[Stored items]
══════════════════════════════
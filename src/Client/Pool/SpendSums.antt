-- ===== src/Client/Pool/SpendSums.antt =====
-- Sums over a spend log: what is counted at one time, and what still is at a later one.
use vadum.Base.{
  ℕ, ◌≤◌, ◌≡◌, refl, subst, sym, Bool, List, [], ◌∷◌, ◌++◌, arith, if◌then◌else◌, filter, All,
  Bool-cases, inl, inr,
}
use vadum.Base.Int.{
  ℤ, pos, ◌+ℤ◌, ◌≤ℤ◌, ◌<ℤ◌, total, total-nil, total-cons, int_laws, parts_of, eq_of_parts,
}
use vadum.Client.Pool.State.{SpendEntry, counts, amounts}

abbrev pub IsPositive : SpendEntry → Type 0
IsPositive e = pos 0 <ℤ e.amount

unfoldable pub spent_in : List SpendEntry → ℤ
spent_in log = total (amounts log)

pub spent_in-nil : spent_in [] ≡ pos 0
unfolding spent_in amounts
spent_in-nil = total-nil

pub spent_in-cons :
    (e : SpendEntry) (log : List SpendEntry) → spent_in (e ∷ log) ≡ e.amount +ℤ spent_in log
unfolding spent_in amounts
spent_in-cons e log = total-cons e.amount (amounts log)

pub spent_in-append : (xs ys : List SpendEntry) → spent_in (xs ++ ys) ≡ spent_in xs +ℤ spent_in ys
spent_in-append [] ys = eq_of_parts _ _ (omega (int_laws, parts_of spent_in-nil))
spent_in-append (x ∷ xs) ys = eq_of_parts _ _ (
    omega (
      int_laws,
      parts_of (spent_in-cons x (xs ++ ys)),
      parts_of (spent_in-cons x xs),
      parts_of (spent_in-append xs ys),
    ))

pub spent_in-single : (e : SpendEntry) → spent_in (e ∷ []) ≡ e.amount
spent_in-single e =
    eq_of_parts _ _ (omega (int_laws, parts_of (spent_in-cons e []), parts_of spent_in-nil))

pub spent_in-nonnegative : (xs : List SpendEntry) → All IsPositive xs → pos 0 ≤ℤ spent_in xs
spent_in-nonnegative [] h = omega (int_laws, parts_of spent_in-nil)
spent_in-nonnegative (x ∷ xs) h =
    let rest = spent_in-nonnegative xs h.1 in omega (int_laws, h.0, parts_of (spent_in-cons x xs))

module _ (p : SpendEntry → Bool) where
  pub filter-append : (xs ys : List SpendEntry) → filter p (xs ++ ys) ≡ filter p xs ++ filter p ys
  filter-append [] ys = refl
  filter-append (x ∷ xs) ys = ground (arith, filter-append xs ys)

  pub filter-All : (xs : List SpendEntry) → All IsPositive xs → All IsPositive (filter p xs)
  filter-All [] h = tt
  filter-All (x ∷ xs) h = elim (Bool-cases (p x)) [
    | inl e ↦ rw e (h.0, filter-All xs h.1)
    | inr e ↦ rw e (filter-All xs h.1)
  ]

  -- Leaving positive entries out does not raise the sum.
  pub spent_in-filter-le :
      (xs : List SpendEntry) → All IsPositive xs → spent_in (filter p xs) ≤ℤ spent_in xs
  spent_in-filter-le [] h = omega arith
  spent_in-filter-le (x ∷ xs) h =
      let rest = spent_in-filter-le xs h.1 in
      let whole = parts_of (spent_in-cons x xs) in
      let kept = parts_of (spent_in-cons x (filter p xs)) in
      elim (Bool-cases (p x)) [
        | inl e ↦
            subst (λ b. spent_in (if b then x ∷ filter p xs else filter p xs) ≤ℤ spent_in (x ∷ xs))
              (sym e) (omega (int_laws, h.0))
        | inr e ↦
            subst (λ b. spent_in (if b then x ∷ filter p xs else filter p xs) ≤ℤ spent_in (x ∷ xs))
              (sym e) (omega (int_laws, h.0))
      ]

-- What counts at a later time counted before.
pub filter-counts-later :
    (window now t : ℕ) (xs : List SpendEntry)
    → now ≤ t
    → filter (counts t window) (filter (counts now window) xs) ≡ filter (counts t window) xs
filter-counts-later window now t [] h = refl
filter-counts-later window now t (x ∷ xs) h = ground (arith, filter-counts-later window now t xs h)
══════════════════════════════
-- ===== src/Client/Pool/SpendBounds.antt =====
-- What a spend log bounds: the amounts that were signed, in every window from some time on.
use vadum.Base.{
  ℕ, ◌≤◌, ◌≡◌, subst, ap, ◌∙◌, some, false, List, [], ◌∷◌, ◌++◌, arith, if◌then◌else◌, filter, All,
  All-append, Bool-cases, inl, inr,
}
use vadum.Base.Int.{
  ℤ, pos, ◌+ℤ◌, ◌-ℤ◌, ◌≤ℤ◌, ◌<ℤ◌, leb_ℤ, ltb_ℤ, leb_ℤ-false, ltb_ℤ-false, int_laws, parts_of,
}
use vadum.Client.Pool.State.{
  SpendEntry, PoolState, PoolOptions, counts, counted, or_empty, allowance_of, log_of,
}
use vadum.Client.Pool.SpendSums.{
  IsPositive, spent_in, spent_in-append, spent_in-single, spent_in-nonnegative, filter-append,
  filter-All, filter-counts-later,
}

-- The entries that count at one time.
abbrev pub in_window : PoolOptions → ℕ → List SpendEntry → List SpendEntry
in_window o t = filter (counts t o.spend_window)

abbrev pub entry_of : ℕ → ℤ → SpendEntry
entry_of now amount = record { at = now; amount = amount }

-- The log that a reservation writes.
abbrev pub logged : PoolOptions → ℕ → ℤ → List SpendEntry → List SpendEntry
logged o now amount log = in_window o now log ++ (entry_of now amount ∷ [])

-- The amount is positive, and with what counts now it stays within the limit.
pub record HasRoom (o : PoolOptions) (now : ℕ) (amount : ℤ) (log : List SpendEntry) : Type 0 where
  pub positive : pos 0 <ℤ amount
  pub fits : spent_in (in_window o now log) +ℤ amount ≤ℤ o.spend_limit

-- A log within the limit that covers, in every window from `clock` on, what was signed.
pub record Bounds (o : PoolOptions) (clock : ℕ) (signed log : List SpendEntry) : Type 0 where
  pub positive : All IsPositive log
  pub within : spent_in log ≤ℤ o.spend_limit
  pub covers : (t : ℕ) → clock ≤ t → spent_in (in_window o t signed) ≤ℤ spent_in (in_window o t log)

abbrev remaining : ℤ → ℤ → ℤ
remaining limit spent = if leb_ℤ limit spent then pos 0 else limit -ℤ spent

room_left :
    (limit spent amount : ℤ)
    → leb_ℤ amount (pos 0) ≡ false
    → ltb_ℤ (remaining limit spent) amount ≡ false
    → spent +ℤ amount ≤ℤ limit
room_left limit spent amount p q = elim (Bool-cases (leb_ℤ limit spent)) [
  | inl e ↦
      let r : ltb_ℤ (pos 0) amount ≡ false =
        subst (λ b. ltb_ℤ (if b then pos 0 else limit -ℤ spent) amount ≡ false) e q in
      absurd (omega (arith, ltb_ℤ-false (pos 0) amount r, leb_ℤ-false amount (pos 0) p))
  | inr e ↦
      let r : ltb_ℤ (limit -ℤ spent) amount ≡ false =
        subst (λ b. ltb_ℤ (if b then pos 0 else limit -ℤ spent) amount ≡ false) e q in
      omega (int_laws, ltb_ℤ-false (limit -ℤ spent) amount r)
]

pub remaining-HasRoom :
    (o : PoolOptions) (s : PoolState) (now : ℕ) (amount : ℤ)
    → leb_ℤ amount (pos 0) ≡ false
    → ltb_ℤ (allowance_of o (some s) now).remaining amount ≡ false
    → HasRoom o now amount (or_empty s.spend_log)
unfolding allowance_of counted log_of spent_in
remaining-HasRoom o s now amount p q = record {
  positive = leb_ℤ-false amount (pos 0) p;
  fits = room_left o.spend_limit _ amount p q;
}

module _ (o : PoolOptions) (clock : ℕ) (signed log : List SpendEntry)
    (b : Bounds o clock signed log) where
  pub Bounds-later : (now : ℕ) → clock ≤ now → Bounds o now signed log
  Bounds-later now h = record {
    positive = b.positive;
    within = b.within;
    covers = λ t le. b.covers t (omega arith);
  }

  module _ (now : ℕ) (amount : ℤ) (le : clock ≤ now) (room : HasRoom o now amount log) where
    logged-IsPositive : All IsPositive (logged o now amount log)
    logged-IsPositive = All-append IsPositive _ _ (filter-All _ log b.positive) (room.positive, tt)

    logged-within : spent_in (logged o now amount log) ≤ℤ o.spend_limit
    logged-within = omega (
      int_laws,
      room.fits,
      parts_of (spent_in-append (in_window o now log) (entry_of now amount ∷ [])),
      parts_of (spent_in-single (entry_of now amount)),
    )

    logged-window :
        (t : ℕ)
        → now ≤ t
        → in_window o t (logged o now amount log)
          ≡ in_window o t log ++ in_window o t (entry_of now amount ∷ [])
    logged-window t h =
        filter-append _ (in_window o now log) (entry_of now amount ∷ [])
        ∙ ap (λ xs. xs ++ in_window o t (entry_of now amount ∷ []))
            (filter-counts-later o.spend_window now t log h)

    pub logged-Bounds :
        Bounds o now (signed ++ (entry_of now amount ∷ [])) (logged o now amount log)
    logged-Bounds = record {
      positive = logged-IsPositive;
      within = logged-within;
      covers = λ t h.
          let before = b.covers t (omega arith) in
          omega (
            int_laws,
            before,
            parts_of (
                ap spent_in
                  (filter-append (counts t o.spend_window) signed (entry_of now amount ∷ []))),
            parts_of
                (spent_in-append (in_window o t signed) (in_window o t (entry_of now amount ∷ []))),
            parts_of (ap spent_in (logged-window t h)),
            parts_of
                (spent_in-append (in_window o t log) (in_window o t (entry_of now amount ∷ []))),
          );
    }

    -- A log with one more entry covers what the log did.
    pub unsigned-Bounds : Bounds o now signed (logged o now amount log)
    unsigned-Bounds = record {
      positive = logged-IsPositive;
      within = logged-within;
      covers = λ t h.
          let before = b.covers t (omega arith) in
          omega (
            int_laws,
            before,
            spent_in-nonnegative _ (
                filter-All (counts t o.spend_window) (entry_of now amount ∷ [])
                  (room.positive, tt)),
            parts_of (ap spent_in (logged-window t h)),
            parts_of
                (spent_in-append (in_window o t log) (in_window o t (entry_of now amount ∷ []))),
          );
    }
══════════════════════════════
* Requirement: All that belongs in the answer is the run of lines above from the line containing "parts_of (spent_in-cons x (xs" through the line containing "spent_in-nonnegative (x ∷", exactly as written.

* Answer to the exercise:
      parts_of (spent_in-cons x (xs ++ ys)),
      parts_of (spent_in-cons x xs),
      parts_of (spent_in-append xs ys),
    ))

pub spent_in-single : (e : SpendEntry) → spent_in (e ∷ []) ≡ e.amount
spent_in-single e =
    eq_of_parts _ _ (omega (int_laws, parts_of (spent_in-cons e []), parts_of spent_in-nil))

pub spent_in-nonnegative : (xs : List SpendEntry) → All IsPositive xs → pos 0 ≤ℤ spent_in xs
spent_in-nonnegative [] h = omega (int_laws, parts_of spent_in-nil)
spent_in-nonnegative (x ∷ xs) h =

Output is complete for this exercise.